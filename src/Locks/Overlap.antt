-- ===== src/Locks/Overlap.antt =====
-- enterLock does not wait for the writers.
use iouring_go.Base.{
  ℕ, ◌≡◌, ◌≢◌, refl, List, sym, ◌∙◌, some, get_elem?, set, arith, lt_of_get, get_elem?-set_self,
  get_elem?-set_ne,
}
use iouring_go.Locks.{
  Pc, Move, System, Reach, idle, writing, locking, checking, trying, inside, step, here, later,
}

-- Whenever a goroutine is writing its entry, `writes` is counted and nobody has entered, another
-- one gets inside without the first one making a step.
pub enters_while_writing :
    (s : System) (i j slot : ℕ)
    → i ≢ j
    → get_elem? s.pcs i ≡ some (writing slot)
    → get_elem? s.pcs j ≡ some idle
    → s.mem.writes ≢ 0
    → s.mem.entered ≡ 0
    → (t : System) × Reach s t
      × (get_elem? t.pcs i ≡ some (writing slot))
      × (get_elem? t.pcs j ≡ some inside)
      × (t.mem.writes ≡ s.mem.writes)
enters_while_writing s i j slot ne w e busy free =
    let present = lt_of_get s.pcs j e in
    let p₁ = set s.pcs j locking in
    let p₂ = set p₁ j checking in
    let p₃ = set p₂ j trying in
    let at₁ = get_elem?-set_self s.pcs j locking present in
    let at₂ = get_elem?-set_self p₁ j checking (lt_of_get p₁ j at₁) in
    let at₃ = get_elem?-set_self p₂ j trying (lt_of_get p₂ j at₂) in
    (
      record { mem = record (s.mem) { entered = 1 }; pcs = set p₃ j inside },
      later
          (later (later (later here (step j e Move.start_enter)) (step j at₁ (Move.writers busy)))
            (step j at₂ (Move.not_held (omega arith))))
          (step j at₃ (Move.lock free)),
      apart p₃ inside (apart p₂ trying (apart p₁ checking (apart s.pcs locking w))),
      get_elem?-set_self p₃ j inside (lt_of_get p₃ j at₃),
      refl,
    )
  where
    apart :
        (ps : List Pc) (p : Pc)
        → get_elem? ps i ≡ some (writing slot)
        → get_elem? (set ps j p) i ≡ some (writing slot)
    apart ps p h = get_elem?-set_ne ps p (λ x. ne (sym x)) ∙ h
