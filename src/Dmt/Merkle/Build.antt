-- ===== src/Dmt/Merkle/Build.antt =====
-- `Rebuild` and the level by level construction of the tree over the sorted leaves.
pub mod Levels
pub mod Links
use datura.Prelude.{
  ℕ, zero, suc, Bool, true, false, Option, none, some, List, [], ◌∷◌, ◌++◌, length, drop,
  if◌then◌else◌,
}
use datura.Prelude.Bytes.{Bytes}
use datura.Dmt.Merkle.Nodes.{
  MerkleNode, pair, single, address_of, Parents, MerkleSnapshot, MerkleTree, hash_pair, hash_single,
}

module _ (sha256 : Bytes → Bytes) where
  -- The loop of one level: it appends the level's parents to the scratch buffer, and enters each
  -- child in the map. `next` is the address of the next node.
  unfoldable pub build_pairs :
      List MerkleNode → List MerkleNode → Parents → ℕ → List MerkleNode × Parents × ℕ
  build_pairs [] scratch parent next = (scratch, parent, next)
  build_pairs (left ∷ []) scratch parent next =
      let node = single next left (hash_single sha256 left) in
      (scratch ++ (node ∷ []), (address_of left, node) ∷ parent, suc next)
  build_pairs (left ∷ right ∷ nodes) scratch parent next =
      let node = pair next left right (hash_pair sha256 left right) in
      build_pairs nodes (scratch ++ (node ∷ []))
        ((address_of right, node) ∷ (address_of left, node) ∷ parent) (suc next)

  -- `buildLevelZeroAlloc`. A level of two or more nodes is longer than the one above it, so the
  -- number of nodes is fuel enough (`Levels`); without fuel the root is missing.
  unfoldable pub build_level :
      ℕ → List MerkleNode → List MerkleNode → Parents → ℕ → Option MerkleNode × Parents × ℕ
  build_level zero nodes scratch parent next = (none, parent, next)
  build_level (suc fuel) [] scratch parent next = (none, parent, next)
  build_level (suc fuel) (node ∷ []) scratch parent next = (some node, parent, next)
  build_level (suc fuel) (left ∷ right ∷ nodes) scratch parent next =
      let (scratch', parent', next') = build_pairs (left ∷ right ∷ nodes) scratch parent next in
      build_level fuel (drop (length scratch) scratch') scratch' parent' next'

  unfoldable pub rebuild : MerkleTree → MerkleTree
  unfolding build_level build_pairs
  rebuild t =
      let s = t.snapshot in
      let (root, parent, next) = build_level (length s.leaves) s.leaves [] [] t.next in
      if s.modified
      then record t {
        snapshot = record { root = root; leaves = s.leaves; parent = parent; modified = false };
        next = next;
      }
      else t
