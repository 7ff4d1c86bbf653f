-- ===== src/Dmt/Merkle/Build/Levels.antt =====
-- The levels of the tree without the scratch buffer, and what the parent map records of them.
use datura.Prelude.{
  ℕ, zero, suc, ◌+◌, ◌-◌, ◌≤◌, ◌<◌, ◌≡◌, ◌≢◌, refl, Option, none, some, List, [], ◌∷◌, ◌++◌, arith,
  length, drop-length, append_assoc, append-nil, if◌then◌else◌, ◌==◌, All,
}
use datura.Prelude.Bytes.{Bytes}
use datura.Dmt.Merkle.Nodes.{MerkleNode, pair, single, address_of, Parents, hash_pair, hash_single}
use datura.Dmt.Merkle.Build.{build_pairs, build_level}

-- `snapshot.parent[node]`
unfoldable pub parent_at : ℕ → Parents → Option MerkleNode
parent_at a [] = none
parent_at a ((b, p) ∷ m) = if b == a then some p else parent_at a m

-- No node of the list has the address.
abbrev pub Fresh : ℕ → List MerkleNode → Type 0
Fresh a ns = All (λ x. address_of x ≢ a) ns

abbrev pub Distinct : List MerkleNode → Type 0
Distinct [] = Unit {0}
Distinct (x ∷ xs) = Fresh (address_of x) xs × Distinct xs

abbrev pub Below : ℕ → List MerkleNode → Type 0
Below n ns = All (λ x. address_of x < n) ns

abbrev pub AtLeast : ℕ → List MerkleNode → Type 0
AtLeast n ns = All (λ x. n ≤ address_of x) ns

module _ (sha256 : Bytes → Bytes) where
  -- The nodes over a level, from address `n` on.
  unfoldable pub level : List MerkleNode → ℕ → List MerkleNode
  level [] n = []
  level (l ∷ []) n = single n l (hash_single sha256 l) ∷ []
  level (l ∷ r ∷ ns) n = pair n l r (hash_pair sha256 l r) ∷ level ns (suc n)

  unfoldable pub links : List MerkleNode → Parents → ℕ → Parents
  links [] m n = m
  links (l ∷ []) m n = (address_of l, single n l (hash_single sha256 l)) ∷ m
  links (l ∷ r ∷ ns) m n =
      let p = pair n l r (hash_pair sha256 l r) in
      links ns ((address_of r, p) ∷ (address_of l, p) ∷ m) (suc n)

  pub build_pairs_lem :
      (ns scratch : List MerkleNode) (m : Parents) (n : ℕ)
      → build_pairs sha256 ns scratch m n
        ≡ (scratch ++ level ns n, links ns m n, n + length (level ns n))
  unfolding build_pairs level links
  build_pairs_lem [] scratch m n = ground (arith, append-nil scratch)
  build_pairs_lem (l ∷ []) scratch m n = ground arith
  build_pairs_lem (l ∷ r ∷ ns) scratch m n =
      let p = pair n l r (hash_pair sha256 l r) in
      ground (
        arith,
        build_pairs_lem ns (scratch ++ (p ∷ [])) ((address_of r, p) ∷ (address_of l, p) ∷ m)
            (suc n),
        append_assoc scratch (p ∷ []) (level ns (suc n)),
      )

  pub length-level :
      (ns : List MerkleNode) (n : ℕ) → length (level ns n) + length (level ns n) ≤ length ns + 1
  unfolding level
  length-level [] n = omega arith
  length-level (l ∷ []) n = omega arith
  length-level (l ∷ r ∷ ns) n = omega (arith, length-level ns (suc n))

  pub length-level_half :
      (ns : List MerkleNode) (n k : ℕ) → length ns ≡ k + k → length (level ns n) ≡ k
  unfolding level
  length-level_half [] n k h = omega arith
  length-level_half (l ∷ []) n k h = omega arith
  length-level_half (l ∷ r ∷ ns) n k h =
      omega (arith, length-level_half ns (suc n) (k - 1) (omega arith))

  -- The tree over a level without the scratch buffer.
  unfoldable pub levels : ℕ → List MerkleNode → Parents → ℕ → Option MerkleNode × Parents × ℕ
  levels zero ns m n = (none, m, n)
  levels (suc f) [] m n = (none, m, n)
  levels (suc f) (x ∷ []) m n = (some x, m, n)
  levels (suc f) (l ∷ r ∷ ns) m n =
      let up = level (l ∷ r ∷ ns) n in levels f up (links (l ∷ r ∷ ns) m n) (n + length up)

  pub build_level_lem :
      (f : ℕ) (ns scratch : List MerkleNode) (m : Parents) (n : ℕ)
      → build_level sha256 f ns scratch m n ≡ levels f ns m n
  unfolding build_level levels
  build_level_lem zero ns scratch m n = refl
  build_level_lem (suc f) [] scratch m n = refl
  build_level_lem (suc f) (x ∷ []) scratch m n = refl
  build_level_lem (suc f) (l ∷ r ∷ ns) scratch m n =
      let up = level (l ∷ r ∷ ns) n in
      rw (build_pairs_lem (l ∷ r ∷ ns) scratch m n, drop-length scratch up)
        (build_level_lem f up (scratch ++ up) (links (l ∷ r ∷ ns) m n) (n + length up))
──────────
# Task goal
Where the listing above has a line with "unfoldable pub build_pairs", start there, and output every line exactly through the line with "build_pairs nodes (scratch", which is also included.

# Solution to this task
  unfoldable pub build_pairs :
      List MerkleNode → List MerkleNode → Parents → ℕ → List MerkleNode × Parents × ℕ
  build_pairs [] scratch parent next = (scratch, parent, next)
  build_pairs (left ∷ []) scratch parent next =
      let node = single next left (hash_single sha256 left) in
      (scratch ++ (node ∷ []), (address_of left, node) ∷ parent, suc next)
  build_pairs (left ∷ right ∷ nodes) scratch parent next =
      let node = pair next left right (hash_pair sha256 left right) in
      build_pairs nodes (scratch ++ (node ∷ []))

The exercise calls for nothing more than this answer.